▸ Listed records:
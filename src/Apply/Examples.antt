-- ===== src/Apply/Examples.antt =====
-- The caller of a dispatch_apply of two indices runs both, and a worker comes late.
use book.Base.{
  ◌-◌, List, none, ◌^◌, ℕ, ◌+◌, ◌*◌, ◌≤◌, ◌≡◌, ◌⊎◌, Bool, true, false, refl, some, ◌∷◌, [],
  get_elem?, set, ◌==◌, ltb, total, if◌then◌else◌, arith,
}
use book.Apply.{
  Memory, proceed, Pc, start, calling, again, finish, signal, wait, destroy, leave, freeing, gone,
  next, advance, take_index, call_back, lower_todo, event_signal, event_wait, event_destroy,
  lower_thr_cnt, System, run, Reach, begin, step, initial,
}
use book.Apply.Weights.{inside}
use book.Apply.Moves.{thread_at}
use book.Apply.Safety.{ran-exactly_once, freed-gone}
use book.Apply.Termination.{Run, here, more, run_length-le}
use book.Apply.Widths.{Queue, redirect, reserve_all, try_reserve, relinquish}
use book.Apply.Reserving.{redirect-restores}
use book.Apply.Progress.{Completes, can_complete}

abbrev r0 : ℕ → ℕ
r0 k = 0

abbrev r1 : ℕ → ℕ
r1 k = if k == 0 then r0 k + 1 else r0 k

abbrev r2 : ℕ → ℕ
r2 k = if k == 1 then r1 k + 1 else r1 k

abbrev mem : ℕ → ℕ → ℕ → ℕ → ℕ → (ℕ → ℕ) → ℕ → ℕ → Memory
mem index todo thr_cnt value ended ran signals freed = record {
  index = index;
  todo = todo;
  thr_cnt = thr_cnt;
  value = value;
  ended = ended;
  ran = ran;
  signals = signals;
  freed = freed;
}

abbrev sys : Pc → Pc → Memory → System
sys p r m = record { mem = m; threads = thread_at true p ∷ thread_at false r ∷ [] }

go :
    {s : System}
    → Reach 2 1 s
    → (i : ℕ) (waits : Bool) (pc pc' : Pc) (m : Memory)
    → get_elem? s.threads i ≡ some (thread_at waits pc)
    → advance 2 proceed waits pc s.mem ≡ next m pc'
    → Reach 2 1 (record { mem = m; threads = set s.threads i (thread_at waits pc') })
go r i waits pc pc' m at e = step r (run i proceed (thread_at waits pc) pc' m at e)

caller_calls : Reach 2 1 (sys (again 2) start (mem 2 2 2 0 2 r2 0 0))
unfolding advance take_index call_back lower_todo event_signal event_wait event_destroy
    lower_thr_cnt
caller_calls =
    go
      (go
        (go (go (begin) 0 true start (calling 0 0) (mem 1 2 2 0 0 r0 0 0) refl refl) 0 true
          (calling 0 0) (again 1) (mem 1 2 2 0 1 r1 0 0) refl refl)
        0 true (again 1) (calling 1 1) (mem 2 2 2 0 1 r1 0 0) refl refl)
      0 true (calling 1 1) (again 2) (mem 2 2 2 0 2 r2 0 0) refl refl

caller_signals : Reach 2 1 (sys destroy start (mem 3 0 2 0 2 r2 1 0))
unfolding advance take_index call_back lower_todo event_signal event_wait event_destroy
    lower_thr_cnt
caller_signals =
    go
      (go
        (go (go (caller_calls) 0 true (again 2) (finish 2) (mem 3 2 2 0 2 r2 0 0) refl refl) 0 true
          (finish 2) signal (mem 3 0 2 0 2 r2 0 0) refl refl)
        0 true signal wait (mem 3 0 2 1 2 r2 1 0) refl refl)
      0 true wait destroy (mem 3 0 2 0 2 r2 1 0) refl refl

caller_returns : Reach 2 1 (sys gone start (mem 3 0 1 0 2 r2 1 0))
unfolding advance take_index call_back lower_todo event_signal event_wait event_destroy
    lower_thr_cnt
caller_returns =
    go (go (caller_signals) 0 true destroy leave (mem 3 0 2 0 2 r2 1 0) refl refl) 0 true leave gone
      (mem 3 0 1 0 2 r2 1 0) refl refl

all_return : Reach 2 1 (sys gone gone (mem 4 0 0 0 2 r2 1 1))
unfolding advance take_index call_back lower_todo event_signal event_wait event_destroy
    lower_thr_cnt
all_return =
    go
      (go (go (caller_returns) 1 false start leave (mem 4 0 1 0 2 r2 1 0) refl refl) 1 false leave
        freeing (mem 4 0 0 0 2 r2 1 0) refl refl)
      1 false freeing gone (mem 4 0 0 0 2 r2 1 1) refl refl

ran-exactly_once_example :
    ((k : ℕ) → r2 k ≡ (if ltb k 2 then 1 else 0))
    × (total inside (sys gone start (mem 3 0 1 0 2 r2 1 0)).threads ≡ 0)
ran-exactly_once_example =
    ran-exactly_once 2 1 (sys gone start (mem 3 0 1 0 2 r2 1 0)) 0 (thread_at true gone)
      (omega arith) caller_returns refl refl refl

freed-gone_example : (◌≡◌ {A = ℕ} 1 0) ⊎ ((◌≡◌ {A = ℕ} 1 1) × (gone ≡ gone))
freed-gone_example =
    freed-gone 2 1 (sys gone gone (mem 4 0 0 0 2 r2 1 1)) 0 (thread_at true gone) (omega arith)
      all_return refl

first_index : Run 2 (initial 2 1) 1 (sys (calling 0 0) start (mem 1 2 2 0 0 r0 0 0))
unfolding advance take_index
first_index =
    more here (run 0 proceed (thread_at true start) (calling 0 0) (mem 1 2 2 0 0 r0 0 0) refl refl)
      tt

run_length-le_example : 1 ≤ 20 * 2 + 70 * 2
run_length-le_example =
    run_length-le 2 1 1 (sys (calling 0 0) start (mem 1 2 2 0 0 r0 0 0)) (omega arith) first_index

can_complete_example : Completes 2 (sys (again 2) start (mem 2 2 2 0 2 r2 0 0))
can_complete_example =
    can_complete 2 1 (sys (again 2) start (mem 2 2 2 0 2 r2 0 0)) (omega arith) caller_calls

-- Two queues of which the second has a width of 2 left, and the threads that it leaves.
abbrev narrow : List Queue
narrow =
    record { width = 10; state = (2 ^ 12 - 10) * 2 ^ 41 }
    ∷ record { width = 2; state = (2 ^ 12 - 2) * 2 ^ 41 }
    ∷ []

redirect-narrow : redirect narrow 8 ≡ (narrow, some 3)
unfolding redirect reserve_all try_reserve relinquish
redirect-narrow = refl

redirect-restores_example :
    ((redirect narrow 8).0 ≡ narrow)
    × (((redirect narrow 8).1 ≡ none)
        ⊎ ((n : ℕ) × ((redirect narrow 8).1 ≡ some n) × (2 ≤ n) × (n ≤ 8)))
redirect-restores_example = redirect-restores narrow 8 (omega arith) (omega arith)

▸ What you are asked to do:
Copy every line that includes the string "antt" from the material above.

▸ The answer:
filename src/Apply/Examples.antt
-- ===== src/Apply/Examples.antt =====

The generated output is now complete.